Work item = Every line in the data below that has the word "Bool" should be returned.

Records for the exercise =

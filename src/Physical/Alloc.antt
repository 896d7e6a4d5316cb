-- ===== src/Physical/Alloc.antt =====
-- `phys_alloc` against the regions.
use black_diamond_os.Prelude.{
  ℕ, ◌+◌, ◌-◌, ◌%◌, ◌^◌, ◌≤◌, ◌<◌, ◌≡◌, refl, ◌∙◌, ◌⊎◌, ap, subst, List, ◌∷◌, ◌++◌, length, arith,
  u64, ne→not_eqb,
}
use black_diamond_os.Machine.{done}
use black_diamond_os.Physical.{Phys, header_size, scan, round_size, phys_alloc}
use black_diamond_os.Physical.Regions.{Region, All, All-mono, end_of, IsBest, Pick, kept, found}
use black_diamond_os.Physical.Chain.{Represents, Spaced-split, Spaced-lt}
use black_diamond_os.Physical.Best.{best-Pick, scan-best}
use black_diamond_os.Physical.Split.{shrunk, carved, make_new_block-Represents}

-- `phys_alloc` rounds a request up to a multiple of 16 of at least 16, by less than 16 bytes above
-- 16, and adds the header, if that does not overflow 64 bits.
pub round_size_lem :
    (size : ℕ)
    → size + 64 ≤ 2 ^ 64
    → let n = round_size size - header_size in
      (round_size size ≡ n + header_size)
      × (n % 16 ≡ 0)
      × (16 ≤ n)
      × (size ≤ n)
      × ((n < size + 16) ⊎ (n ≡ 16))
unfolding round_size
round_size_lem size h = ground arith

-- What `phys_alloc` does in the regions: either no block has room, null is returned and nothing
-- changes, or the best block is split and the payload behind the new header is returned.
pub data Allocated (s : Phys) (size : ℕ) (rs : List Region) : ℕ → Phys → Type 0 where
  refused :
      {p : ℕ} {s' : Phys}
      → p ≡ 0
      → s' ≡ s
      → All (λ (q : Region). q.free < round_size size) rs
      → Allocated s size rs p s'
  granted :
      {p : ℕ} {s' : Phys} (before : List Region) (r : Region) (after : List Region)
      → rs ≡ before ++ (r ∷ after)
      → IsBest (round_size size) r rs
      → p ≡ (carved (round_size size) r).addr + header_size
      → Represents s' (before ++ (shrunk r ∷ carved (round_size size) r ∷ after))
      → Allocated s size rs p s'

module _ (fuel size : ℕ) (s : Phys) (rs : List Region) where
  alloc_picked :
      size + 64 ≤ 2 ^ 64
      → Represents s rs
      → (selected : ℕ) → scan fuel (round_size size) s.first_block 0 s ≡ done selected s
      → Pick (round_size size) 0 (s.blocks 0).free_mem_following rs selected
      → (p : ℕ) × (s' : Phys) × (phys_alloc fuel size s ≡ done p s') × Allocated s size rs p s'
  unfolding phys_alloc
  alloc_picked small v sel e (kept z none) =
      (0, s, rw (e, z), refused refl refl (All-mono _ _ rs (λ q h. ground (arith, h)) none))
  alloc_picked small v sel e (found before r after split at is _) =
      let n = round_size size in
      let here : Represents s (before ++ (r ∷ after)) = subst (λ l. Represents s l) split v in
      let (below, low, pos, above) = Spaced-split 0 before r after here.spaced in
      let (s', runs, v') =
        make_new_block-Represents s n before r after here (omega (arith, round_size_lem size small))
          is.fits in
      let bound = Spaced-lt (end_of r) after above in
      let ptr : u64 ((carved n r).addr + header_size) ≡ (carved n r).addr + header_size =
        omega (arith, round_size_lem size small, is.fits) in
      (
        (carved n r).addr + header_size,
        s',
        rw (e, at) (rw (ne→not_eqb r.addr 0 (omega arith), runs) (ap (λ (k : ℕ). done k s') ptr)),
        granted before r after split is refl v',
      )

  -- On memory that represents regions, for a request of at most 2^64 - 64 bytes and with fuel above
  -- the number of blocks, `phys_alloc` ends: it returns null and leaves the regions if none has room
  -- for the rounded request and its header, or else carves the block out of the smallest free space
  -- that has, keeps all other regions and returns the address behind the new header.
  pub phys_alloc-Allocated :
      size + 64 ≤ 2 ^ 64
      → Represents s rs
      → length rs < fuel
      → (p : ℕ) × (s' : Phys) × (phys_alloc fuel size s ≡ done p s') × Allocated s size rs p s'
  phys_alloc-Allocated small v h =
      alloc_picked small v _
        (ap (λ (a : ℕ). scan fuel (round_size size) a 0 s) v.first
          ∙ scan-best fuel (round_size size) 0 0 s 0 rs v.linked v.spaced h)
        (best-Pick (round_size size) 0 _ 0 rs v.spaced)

--

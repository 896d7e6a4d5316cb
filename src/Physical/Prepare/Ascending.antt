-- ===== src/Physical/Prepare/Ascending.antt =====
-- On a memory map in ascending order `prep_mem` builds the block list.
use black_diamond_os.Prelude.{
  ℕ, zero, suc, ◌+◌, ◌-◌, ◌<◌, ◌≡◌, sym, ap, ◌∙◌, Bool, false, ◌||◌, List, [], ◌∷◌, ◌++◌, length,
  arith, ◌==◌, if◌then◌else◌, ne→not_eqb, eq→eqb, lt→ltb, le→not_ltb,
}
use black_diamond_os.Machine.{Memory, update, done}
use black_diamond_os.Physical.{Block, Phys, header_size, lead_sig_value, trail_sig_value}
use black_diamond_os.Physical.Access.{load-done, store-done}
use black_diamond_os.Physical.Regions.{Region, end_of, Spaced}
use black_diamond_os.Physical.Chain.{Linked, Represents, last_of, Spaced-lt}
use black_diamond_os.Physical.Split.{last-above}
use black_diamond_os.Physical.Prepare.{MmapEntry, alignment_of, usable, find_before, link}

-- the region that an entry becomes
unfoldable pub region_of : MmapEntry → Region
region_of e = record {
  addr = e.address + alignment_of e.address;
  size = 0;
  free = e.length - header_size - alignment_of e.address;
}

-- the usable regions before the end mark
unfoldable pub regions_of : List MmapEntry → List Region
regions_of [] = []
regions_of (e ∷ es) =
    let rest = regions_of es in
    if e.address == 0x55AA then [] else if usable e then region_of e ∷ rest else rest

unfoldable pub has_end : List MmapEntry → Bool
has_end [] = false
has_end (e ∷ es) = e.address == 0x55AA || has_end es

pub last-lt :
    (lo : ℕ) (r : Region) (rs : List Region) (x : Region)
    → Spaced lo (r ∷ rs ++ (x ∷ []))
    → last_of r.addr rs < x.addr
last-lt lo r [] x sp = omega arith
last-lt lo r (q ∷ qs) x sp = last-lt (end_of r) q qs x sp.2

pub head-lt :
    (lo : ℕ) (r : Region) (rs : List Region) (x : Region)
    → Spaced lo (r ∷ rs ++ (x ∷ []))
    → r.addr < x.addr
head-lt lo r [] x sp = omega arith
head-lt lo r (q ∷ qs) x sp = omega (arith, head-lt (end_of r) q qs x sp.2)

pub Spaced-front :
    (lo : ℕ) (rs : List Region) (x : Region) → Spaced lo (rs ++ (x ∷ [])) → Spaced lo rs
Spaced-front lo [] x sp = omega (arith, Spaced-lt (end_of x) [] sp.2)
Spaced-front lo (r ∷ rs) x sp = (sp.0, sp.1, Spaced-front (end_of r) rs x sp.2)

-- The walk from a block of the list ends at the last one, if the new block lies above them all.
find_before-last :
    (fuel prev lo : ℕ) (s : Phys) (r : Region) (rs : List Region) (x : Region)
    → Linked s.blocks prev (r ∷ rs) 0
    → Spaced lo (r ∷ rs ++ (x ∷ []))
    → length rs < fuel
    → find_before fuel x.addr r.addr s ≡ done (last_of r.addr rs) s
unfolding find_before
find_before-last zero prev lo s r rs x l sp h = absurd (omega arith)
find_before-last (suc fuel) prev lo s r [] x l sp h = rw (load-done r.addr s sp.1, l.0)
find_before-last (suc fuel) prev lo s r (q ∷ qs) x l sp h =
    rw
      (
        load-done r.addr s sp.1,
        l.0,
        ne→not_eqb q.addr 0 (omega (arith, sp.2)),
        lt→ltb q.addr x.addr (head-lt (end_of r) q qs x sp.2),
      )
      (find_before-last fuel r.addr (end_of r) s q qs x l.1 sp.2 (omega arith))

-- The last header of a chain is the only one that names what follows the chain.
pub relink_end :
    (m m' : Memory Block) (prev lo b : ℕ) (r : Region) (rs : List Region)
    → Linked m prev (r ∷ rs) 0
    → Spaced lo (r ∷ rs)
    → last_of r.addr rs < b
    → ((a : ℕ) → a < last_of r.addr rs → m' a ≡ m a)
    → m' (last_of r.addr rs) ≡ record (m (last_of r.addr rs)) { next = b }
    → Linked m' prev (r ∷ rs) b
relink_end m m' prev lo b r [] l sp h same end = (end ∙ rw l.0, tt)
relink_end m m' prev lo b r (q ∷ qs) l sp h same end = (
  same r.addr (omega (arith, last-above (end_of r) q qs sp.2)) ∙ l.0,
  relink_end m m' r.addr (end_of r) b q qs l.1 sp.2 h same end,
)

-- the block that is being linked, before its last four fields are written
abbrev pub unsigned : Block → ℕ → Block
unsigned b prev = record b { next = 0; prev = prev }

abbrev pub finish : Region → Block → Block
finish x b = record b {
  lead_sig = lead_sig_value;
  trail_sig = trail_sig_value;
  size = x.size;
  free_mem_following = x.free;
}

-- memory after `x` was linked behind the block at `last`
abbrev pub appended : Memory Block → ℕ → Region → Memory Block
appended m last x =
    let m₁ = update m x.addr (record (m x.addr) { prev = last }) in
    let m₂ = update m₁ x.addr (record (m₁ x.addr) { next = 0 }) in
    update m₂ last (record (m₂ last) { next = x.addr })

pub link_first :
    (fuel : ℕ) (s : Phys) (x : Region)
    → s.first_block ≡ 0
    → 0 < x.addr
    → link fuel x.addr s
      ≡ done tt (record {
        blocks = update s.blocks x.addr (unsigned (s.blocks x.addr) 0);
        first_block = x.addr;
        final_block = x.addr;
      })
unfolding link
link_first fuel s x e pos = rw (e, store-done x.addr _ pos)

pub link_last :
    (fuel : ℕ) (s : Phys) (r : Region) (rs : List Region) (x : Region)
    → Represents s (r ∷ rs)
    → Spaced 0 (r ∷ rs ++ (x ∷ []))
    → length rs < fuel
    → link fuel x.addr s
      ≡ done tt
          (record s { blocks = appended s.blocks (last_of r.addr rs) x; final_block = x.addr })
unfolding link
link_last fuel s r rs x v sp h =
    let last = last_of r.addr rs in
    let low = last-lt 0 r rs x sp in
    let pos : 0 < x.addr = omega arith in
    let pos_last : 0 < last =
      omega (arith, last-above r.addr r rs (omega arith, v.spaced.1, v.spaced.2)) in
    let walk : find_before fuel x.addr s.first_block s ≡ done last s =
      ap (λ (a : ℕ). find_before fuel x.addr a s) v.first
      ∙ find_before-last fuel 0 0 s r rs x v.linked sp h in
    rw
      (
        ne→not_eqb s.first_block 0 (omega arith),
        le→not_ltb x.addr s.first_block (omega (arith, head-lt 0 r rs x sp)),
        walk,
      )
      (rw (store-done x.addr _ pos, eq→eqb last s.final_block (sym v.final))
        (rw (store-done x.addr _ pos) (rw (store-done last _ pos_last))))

Exercise result =
  ℕ, zero, suc, ◌+◌, ◌-◌, ◌<◌, ◌≡◌, sym, ap, ◌∙◌, Bool, false, ◌||◌, List, [], ◌∷◌, ◌++◌, length,
unfoldable pub has_end : List MmapEntry → Bool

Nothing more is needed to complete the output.